● **TO DO**: The lines from the start of the records through the one containing "is_terminal _ = false" are to be restated word for word; please include both ends.

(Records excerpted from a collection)

--- START ---

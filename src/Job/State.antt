-- ===== src/Job/State.antt =====
-- The life of a job (src/job/job.cpp: `is_terminal`, `can_transition`, `Job::create`,
-- `Job::transition_to`).
use yori.Common.{
  ℕ, Bool, true, false, not, Option, none, some, List, [], ◌∷◌, nat_eq, next_u64, if◌then◌else◌,
}
use yori.Job.Spec.{JobId, JobSpec, id_valid}
use yori.Job.Validate.{JobSpecValidationResult, validate, validation_ok, whole, no_error}

pub data JobState : Type 0 where
  queued starting running stopping finished failed cancelled lost : JobState

unfoldable pub is_terminal : JobState → Bool
is_terminal finished = true
is_terminal failed = true
is_terminal cancelled = true
is_terminal lost = true
is_terminal _ = false

-- The `switch` on `from`, with the comparisons of `to` as clauses.
unfoldable pub can_transition : JobState → JobState → Bool
can_transition queued starting = true
can_transition queued cancelled = true
can_transition starting running = true
can_transition starting stopping = true
can_transition starting failed = true
can_transition starting lost = true
can_transition running stopping = true
can_transition running finished = true
can_transition running failed = true
can_transition running lost = true
can_transition stopping cancelled = true
can_transition stopping failed = true
can_transition stopping lost = true
can_transition _ _ = false

pub data TransitionOutcome : Type 0 where
  applied rejected idempotent_terminal ignored_after_terminal : TransitionOutcome

pub record TransitionResult : Type 0 where
  pub from : JobState
  pub requested : JobState
  pub outcome : TransitionOutcome
  pub revision : ℕ

pub data JobCreationErrorCode : Type 0 where
  created invalid_job_id invalid_spec : JobCreationErrorCode

pub record JobCreationError : Type 0 where
  pub code : JobCreationErrorCode
  pub spec_validation : JobSpecValidationResult

pub record Job : Type 0 where
  pub id : JobId
  pub spec : JobSpec
  pub state : JobState
  pub revision : ℕ

-- `Job::create`: the job, or null, and the error that is reported.
unfoldable pub create : JobId → JobSpec → Option Job × JobCreationError
create id spec =
    if not (id_valid id)
    then (none, record { code = invalid_job_id; spec_validation = whole no_error })
    else if not (validation_ok (validate spec))
    then (none, record { code = invalid_spec; spec_validation = validate spec })
    else (
      some (record { id = id; spec = spec; state = queued; revision = 0 }),
      record { code = created; spec_validation = whole no_error },
    )

-- The equality of enumerators in `requested == from`, which is asked of terminal states.
abbrev pub same_terminal : JobState → JobState → Bool
same_terminal finished finished = true
same_terminal failed failed = true
same_terminal cancelled cancelled = true
same_terminal lost lost = true
same_terminal _ _ = false

-- `Job::transition_to`.
unfoldable pub transition_to : Job → JobState → Job × TransitionResult
unfolding is_terminal can_transition
transition_to job to =
    if is_terminal job.state
    then (
      job,
      record {
        from = job.state;
        requested = to;
        outcome =
            if same_terminal to job.state then idempotent_terminal else ignored_after_terminal;
        revision = job.revision;
      },
    )
    else if not (can_transition job.state to)
    then (
      job,
      record { from = job.state; requested = to; outcome = rejected; revision = job.revision },
    )
    else (
      record job { state = to; revision = next_u64 job.revision },
      record {
        from = job.state;
        requested = to;
        outcome = applied;
        revision = next_u64 job.revision;
      },
    )

-- A history of requests, the results left aside.
unfoldable pub run : Job → List JobState → Job
run job [] = job
run job (to ∷ rest) = run (transition_to job to).0 rest
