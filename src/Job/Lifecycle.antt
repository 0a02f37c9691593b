-- ===== src/Job/Lifecycle.antt =====
-- What holds of a job over its life (src/job/job.cpp).
use yori.Common.{
  ℕ, ◌≤◌, ◌<◌, ◌≡◌, refl, ◌≢◌, ◌↔◌, ◌⊎◌, true, false, some, List, [], ◌∷◌, arith, next_u64,
}
use yori.Job.Spec.{JobId, JobSpec}
use yori.Job.Validate.Valid.{IsValidSpec, validate_iff}
use yori.Job.State.{
  JobState, queued, starting, running, stopping, lost, is_terminal, can_transition, Job, applied,
  rejected, idempotent_terminal, ignored_after_terminal, create, transition_to, run,
}

-- A job never returns to an earlier stage.
abbrev pub stage : JobState → ℕ
stage queued = 0
stage starting = 1
stage running = 2
stage stopping = 3
stage _ = 4

pub can_transition-stage :
    (from to : JobState) → can_transition from to ≡ true → stage from < stage to
unfolding can_transition
can_transition-stage from to h = ground arith

-- `is_terminal` holds of exactly the states from which no transition is allowed.
pub is_terminal_iff :
    (s : JobState) → (is_terminal s ≡ true) ↔ ((to : JobState) → can_transition s to ≡ false)
unfolding is_terminal can_transition
is_terminal_iff queued = ((λ h. cc), (λ h. cc (h starting)))
is_terminal_iff starting = ((λ h. cc), (λ h. cc (h running)))
is_terminal_iff running = ((λ h. cc), (λ h. cc (h stopping)))
is_terminal_iff stopping = ((λ h. cc), (λ h. cc (h lost)))
is_terminal_iff _ = ((λ h to. refl), (λ h. refl))

-- The result reports the state before, the request and the revision after.
pub transition_to_reports :
    (job : Job) (to : JobState)
    → let (job', result) = transition_to job to in
      (result.from ≡ job.state) × (result.requested ≡ to) × (result.revision ≡ job'.revision)
unfolding transition_to
transition_to_reports job to = ground arith

-- An allowed transition is applied and moves the revision by one; any other changes nothing.
pub transition_to_moves :
    (job : Job) (to : JobState)
    → let (job', result) = transition_to job to in
      ((can_transition job.state to ≡ true)
        × (result.outcome ≡ applied)
        × (job' ≡ record job { state = to; revision = next_u64 job.revision }))
      ⊎ ((can_transition job.state to ≡ false) × (result.outcome ≢ applied) × (job' ≡ job))
unfolding transition_to
transition_to_moves job to = ground arith

-- A transition is `rejected` exactly if the state is not terminal and the transition is not allowed,
-- `idempotent_terminal` exactly if a terminal state is requested again, and
-- `ignored_after_terminal` exactly if another one is requested in a terminal state.
pub transition_to_refusals :
    (job : Job) (to : JobState)
    → let outcome = (transition_to job to).1.outcome in
      ((outcome ≡ rejected)
        ↔ ((is_terminal job.state ≡ false) × (can_transition job.state to ≡ false)))
      × ((outcome ≡ idempotent_terminal) ↔ ((is_terminal job.state ≡ true) × (to ≡ job.state)))
      × ((outcome ≡ ignored_after_terminal) ↔ ((is_terminal job.state ≡ true) × (to ≢ job.state)))
unfolding transition_to
transition_to_refusals job to = ground arith

-- The revision never runs ahead of the stage.
abbrev pub IsPaced : Job → Type 0
IsPaced job = job.revision ≤ stage job.state

transition_to-IsPaced : (job : Job) (to : JobState) → IsPaced job → IsPaced (transition_to job to).0
transition_to-IsPaced job to h =
    ground (arith, transition_to_moves job to, can_transition-stage job.state to)

run-IsPaced : (job : Job) (requests : List JobState) → IsPaced job → IsPaced (run job requests)
unfolding run
run-IsPaced job [] h = h
run-IsPaced job (to ∷ rest) h =
    run-IsPaced (transition_to job to).0 rest (transition_to-IsPaced job to h)

stage-le : (s : JobState) → stage s ≤ 4
stage-le s = ground arith

-- Whatever is requested of a job that `create` returned, its revision stays at most 4.
pub run-create_bounded :
    (id : JobId) (spec : JobSpec) (job : Job) (requests : List JobState)
    → (create id spec).0 ≡ some job
    → (run job requests).revision ≤ 4
unfolding create
run-create_bounded id spec job requests h =
    let paced = run-IsPaced job requests (ground arith) in
    omega (arith, stage-le (run job requests).state)

-- Once a job is in a terminal state, no history changes it.
pub run_terminal :
    (job : Job) (requests : List JobState) → is_terminal job.state ≡ true → run job requests ≡ job
unfolding run
run_terminal job [] h = refl
run_terminal job (to ∷ rest) h =
    let still : (transition_to job to).0 ≡ job =
      ground (arith, transition_to_moves job to, (is_terminal_iff job.state).0 h to) in
    rw still (run_terminal job rest h)

-- `create` returns a job, queued at revision 0 with the id and the specification as given, exactly
-- for a non-zero id and a valid specification.
pub create_iff :
    (id : JobId) (spec : JobSpec)
    → ((create id spec).0 ≡ some (record { id = id; spec = spec; state = queued; revision = 0 }))
      ↔ ((id ≢ 0) × IsValidSpec spec)
unfolding create
create_iff id spec = ground (arith, validate_iff spec)
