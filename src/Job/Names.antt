-- ===== src/Job/Names.antt =====
-- The names that logs and replies print for the codes of a job (src/job/job.cpp).
use Prim.Native.String.{String}
use yori.Job.Validate.{JobSpecErrorCode}
use yori.Job.Spec.{EnvSource}
use yori.Job.State.{JobState, TransitionOutcome}

-- `to_string(JobSpecErrorCode)`.
unfoldable pub job_spec_error_code_to_string : JobSpecErrorCode → String
job_spec_error_code_to_string JobSpecErrorCode.no_error = "NONE"
job_spec_error_code_to_string JobSpecErrorCode.root_owner_not_allowed = "ROOT_OWNER_NOT_ALLOWED"
job_spec_error_code_to_string JobSpecErrorCode.empty_arguments = "EMPTY_ARGUMENTS"
job_spec_error_code_to_string JobSpecErrorCode.too_many_arguments = "TOO_MANY_ARGUMENTS"
job_spec_error_code_to_string JobSpecErrorCode.invalid_argument = "INVALID_ARGUMENT"
job_spec_error_code_to_string JobSpecErrorCode.argument_too_long = "ARGUMENT_TOO_LONG"
job_spec_error_code_to_string JobSpecErrorCode.arguments_too_large = "ARGUMENTS_TOO_LARGE"
job_spec_error_code_to_string JobSpecErrorCode.invalid_working_directory =
    "INVALID_WORKING_DIRECTORY"
job_spec_error_code_to_string JobSpecErrorCode.too_many_environment_variables =
    "TOO_MANY_ENVIRONMENT_VARIABLES"
job_spec_error_code_to_string JobSpecErrorCode.invalid_environment_name = "INVALID_ENVIRONMENT_NAME"
job_spec_error_code_to_string JobSpecErrorCode.environment_name_too_long =
    "ENVIRONMENT_NAME_TOO_LONG"
job_spec_error_code_to_string JobSpecErrorCode.environment_value_too_long =
    "ENVIRONMENT_VALUE_TOO_LONG"
job_spec_error_code_to_string JobSpecErrorCode.environment_too_large = "ENVIRONMENT_TOO_LARGE"
job_spec_error_code_to_string JobSpecErrorCode.unsupported_gpu_request = "UNSUPPORTED_GPU_REQUEST"
job_spec_error_code_to_string JobSpecErrorCode.invalid_gpu_placement = "INVALID_GPU_PLACEMENT"
job_spec_error_code_to_string JobSpecErrorCode.placement_gpu_request_conflict =
    "PLACEMENT_GPU_REQUEST_CONFLICT"
job_spec_error_code_to_string JobSpecErrorCode.launch_profile_too_long = "LAUNCH_PROFILE_TOO_LONG"
job_spec_error_code_to_string JobSpecErrorCode.invalid_tensorboard_logdir =
    "INVALID_TENSORBOARD_LOGDIR"
job_spec_error_code_to_string JobSpecErrorCode.invalid_submit_time = "INVALID_SUBMIT_TIME"
job_spec_error_code_to_string JobSpecErrorCode.invalid_executable = "INVALID_EXECUTABLE"
job_spec_error_code_to_string JobSpecErrorCode.invalid_python_version = "INVALID_PYTHON_VERSION"

-- `to_string(EnvSource)`.
unfoldable pub env_source_to_string : EnvSource → String
env_source_to_string EnvSource.no_source = "none"
env_source_to_string EnvSource.conda = "conda"
env_source_to_string EnvSource.venv = "venv"

-- `to_string(JobState)`.
unfoldable pub job_state_to_string : JobState → String
job_state_to_string JobState.queued = "QUEUED"
job_state_to_string JobState.starting = "STARTING"
job_state_to_string JobState.running = "RUNNING"
job_state_to_string JobState.stopping = "STOPPING"
job_state_to_string JobState.finished = "FINISHED"
job_state_to_string JobState.failed = "FAILED"
job_state_to_string JobState.cancelled = "CANCELLED"
job_state_to_string JobState.lost = "LOST"

-- `to_string(TransitionOutcome)`.
unfoldable pub transition_outcome_to_string : TransitionOutcome → String
transition_outcome_to_string TransitionOutcome.applied = "APPLIED"
transition_outcome_to_string TransitionOutcome.rejected = "REJECTED"
transition_outcome_to_string TransitionOutcome.idempotent_terminal = "IDEMPOTENT_TERMINAL"
transition_outcome_to_string TransitionOutcome.ignored_after_terminal = "IGNORED_AFTER_TERMINAL"
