-- ===== src/Process.antt =====
-- Process identities and exit statuses (include/yori/process/process_supervisor.hpp).
use yori.Common.{ℕ, ℤ, pos, ltz, Bool, ◌&&◌, ltb, nat_eq, int_eq}

pub record ProcessIdentity : Type 0 where
  pub pid : ℤ
  pub pgid : ℤ
  pub start_ticks : ℕ

-- `ProcessIdentity::valid`.
abbrev pub identity_valid : ProcessIdentity → Bool
identity_valid i = ltz (pos 0) i.pid && ltz (pos 0) i.pgid && ltb 0 i.start_ticks

pub data ExitReason : Type 0 where
  exited signaled unknown : ExitReason

pub record ExitStatus : Type 0 where
  pub reason : ExitReason
  pub exit_code : ℤ
  pub signal_number : ℤ
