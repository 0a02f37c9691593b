-- ===== src/Queue.antt =====
-- The global FIFO queue of waiting jobs (include/yori/queue/job_queue.hpp, src/queue/job_queue.cpp).
pub mod Types
pub mod Operations
pub mod Order
pub mod Sorted
pub mod Invariant
pub mod Restore
pub mod Names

--- END ---

● **REPLY**:
filename src/Job/State.antt
-- ===== src/Job/State.antt =====
-- The life of a job (src/job/job.cpp: `is_terminal`, `can_transition`, `Job::create`,
-- `Job::transition_to`).
use yori.Common.{
  ℕ, Bool, true, false, not, Option, none, some, List, [], ◌∷◌, nat_eq, next_u64, if◌then◌else◌,
}
use yori.Job.Spec.{JobId, JobSpec, id_valid}
use yori.Job.Validate.{JobSpecValidationResult, validate, validation_ok, whole, no_error}

pub data JobState : Type 0 where
  queued starting running stopping finished failed cancelled lost : JobState

unfoldable pub is_terminal : JobState → Bool
is_terminal finished = true
is_terminal failed = true
is_terminal cancelled = true
is_terminal lost = true
is_terminal _ = false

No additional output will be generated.